*** SUPPLIED MATERIAL ***

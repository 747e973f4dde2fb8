-- ===== src/Tests/Toy.antt =====
-- The sample's chain: what its instructions do, and that it is a chain in the sense of
-- `Cluster/Ledger`.
use token_22_cts.Prelude.{
  ℕ, zero, suc, ◌+◌, ◌-◌, ◌≤◌, ◌≡◌, ◌≢◌, refl, sym, ap, ◌∙◌, subst, Bool, true, false, Option, none,
  some, List, [], ◌∷◌, map, leb, if◌then◌else◌, bytes_eq, bytes_eq_refl, bytes_eq-eq, arith,
  Bool-cases, inl, inr,
}
use token_22_cts.Solana.{Bytes, Address, AccountMeta, Instruction, TransactionError}
use token_22_cts.Error.{Error, Result, ok, err, transaction}
use token_22_cts.Cluster.{Cluster, Receipt}
use token_22_cts.Cluster.Inversion.{ok-injective}
use token_22_cts.Cluster.Recorded.{is_ok}
use token_22_cts.Cluster.Ledger.{run, Ledger, Debited}
use token_22_cts.Token22.{initialized, frozen}
use token_22_cts.State.{AccountSnapshot, fetch, decode_account, load_account}
use token_22_cts.Tests.Sample.{
  Cell, token, coin, Chain, encode, is_loose, extensions_of, put, at, coin_at, toy, hidden,
}

abbrev pub refreeze : Address → Bool → Chain → Option Chain
refreeze a flag w = elim (w.cells a) [
  | none ↦ none
  | some c ↦ elim c [ token amount old ↦ some (put a (token amount flag) w) | coin d ↦ none ]
]

abbrev credit : Address → ℕ → Chain → Option Chain
credit a amount w = elim (w.cells a) [
  | none ↦ none
  | some c ↦ elim c [
    | token held flag ↦ if flag then none else some (put a (token (held + amount) false) w)
    | coin d ↦ none
  ]
]

abbrev debit : Address → ℕ → Chain → Option Chain
debit a amount w = elim (w.cells a) [
  | none ↦ none
  | some c ↦ elim c [
    | token held flag ↦
        if flag
        then none
        else if leb amount held
        then some (put a (token (held - amount) false) w)
        else none
    | coin d ↦ none
  ]
]

abbrev move : Address → Address → ℕ → ℕ → Chain → Option Chain
move source destination amount fee w = elim (debit source amount w) [
  | none ↦ none
  | some w' ↦ credit destination (amount - fee) w'
]

abbrev perform : Bytes → List Address → Chain → Option Chain
perform (suc zero ∷ []) (a ∷ []) w = refreeze a false w
perform (suc (suc zero) ∷ []) (a ∷ []) w = refreeze a true w
perform (suc (suc (suc zero)) ∷ amount ∷ fee ∷ []) (s ∷ d ∷ []) w = move s d amount fee w
perform (suc (suc (suc (suc zero))) ∷ []) (a ∷ []) w = credit a 6 w
perform bytes accounts w = some w

abbrev pub execute : Instruction → Chain → Option Chain
execute i w = perform i.instruction_data (map (λ (m : AccountMeta). m.pubkey) i.accounts) w

abbrev pub receipt : Receipt
receipt = record { compute_units = 0; size = 0; logs = [] }

abbrev pub landed_or_not : Chain → Option Chain → Result Receipt Error × Chain
landed_or_not w none = (err (transaction (TransactionError.other 0) []), w)
landed_or_not w (some w') = (ok receipt, w')

abbrev pub cluster : Cluster Chain
cluster = record {
  payer = λ w. at 9;
  account_data = λ a w. elim (w.cells a) [ none ↦ none | some c ↦ some (encode (is_loose a) c) ];
  lamports = λ a w. 1;
  epoch = λ w. 4;
  minimum_balance_for_rent_exemption = λ n w. n + 10;
  send = λ is keys w. landed_or_not w (run execute is w);
}

abbrev pub shot : Address → ℕ → Bool → AccountSnapshot
shot address amount flag = record {
  address = address;
  mint = coin_at;
  owner = at 40;
  amount = amount;
  state = if flag then frozen else initialized;
  delegate = none;
  delegated_amount = 0;
  extensions = extensions_of (is_loose address);
  withheld_fee = some 0;
  cpi_guard = some false;
  confidential = some hidden;
  confidential_withheld = none;
  data_len = 3;
  lamports = 1;
}

cell-load :
    (a : Address) (w : Chain) (amount : ℕ) (flag : Bool)
    → w.cells a ≡ some (token amount flag)
    → load_account toy cluster a w ≡ ok (shot a amount flag)
unfolding load_account fetch decode_account
cell-load a w amount true h = elim (Bool-cases (is_loose a)) [
  | inl loose ↦ rw (h, loose) refl
  | inr fixed ↦ rw (h, fixed) refl
]
cell-load a w amount false h = elim (Bool-cases (is_loose a)) [
  | inl loose ↦ rw (h, loose) refl
  | inr fixed ↦ rw (h, fixed) refl
]

IsToken : Address → Chain → AccountSnapshot → Type 0
IsToken a w s =
    (amount : ℕ) × (flag : Bool) × (w.cells a ≡ some (token amount flag)) × (shot a amount flag ≡ s)

load-cell :
    (a : Address) (w : Chain) (s : AccountSnapshot)
    → load_account toy cluster a w ≡ ok s
    → IsToken a w s
unfolding load_account fetch decode_account IsToken
load-cell a w s h = split (w.cells a) refl
  where
    split : (o : Option Cell) → w.cells a ≡ o → IsToken a w s
    split none e = absurd (ground arith)
    split (some (coin d)) e = absurd (ground arith)
    split (some (token n true)) e = elim (Bool-cases (is_loose a)) [
      | inl loose ↦ (n, true, e, ground arith)
      | inr fixed ↦ (n, true, e, ground arith)
    ]
    split (some (token n false)) e = elim (Bool-cases (is_loose a)) [
      | inl loose ↦ (n, false, e, ground arith)
      | inr fixed ↦ (n, false, e, ground arith)
    ]

-- What follows a change of flag.
refreeze-loads :
    (a : Address) (flag : Bool) (w w' : Chain) (s : AccountSnapshot)
    → refreeze a flag w ≡ some w'
    → load_account toy cluster a w ≡ ok s
    → load_account toy cluster a w' ≡ ok (record s { state = if flag then frozen else initialized })
unfolding IsToken
refreeze-loads a flag w w' s h loaded =
    let (n, old, cell, same) = load-cell a w s loaded in
    let moved : w' ≡ put a (token n flag) w = ground arith in
    subst
      (λ u.
        load_account toy cluster a u
        ≡ ok (record s { state = if flag then frozen else initialized }))
      (sym moved)
      (cell-load a (put a (token n flag) w) n flag (rw (bytes_eq_refl a)) ∙ λ i.
        ok (record (same i) { state = if flag then frozen else initialized }))

Moved : Address → ℕ → Chain → Chain → AccountSnapshot → Type 0
Moved source amount w w' a =
    (a.state ≡ initialized)
    × (amount ≤ a.amount)
    × ((a' : AccountSnapshot) × (load_account toy cluster source w' ≡ ok a') × Debited a amount a')

credit-keeps :
    (destination source : Address) (k : ℕ) (u w : Chain)
    → credit destination k u ≡ some w
    → bytes_eq source destination ≡ false
    → w.cells source ≡ u.cells source
credit-keeps destination source k u w h apart = split (u.cells destination) refl
  where
    split : (o : Option Cell) → u.cells destination ≡ o → w.cells source ≡ u.cells source
    split none e = absurd (ground arith)
    split (some (coin d)) e = absurd (ground arith)
    split (some (token n true)) e = absurd (ground arith)
    split (some (token n false)) e =
        let moved : put destination (token (n + k) false) u ≡ w = ground arith in
        ap (λ (c : Chain). c.cells source) (sym moved) ∙ rw apart

move-steps :
    (source destination : Address) (amount fee : ℕ) (w w' : Chain)
    → move source destination amount fee w ≡ some w'
    → (u : Chain) × (debit source amount w ≡ some u)
      × (credit destination (amount - fee) u ≡ some w')
move-steps source destination amount fee w w' h = ground arith

debit-cell :
    (source : Address) (amount n : ℕ) (old : Bool) (w u : Chain)
    → w.cells source ≡ some (token n old)
    → debit source amount w ≡ some u
    → (old ≡ false) × (amount ≤ n) × (put source (token (n - amount) false) w ≡ u)
debit-cell source amount n old w u cell h = ground arith

move-loads :
    (source destination : Address) (amount fee : ℕ) (w w' : Chain) (s : AccountSnapshot)
    → move source destination amount fee w ≡ some w'
    → source ≢ destination
    → load_account toy cluster source w ≡ ok s
    → Moved source amount w w' s
unfolding Moved IsToken
move-loads source destination amount fee w w' s h ne loaded =
    let (n, old, cell, same) = load-cell source w s loaded in
    let (u, debited, credited) = move-steps source destination amount fee w w' h in
    let (live, held, put_back) = debit-cell source amount n old w u cell debited in
    let apart : bytes_eq source destination ≡ false =
      elim (Bool-cases (bytes_eq source destination)) [
        | inl e ↦ absurd (ne (bytes_eq-eq source destination e))
        | inr e ↦ e
      ] in
    let kept : w'.cells source ≡ some (token (n - amount) false) =
      credit-keeps destination source (amount - fee) u w' credited apart
      ∙ ap (λ (c : Chain). c.cells source) (sym put_back)
      ∙ rw (bytes_eq_refl source) in
    subst (λ t. Moved source amount w w' t) (ap (shot source n) (sym live) ∙ same)
      (
        refl,
        held,
        (
          shot source (n - amount) false,
          cell-load source w' (n - amount) false kept,
          (refl, refl, refl, refl, refl),
        ),
      )

pub ledger : Ledger toy cluster
unfolding Moved
ledger = record {
  execute = execute;
  send_ok = λ is keys w h. landed (run execute is w) w h;
  thaw_executes = λ account mint authority i w w' a built ran loaded.
      refreeze-loads account false w w' a (ap (λ j. execute j w) (ok-injective built) ∙ ran) loaded;
  freeze_executes = λ account mint authority i w w' a built ran loaded.
      refreeze-loads account true w w' a (ap (λ j. execute j w) (ok-injective built) ∙ ran) loaded;
  transfer_executes =
      λ source mint destination authority amount decimals fee i w w' a built ran ne loaded.
        move-loads source destination amount fee w w' a
          (ap (λ j. execute j w) (ok-injective built) ∙ ran) ne loaded;
}
  where
    landed :
        (o : Option Chain) (w : Chain)
        → is_ok (landed_or_not w o).0 ≡ true
        → o ≡ some (landed_or_not w o).1
    landed none w h = cc
    landed (some w') w h = refl

pub ledger-execute : (i : Instruction) (w : Chain) → ledger.execute i w ≡ execute i w
unfolding ledger
ledger-execute i w = refl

*** End of SUPPLIED MATERIAL ***

» **WORK TO BE COMPLETED**:
In the entries above, count each line containing the word "unfolding" and reply with only the count.

» **RESPONSE FOR THIS EXERCISE**:
6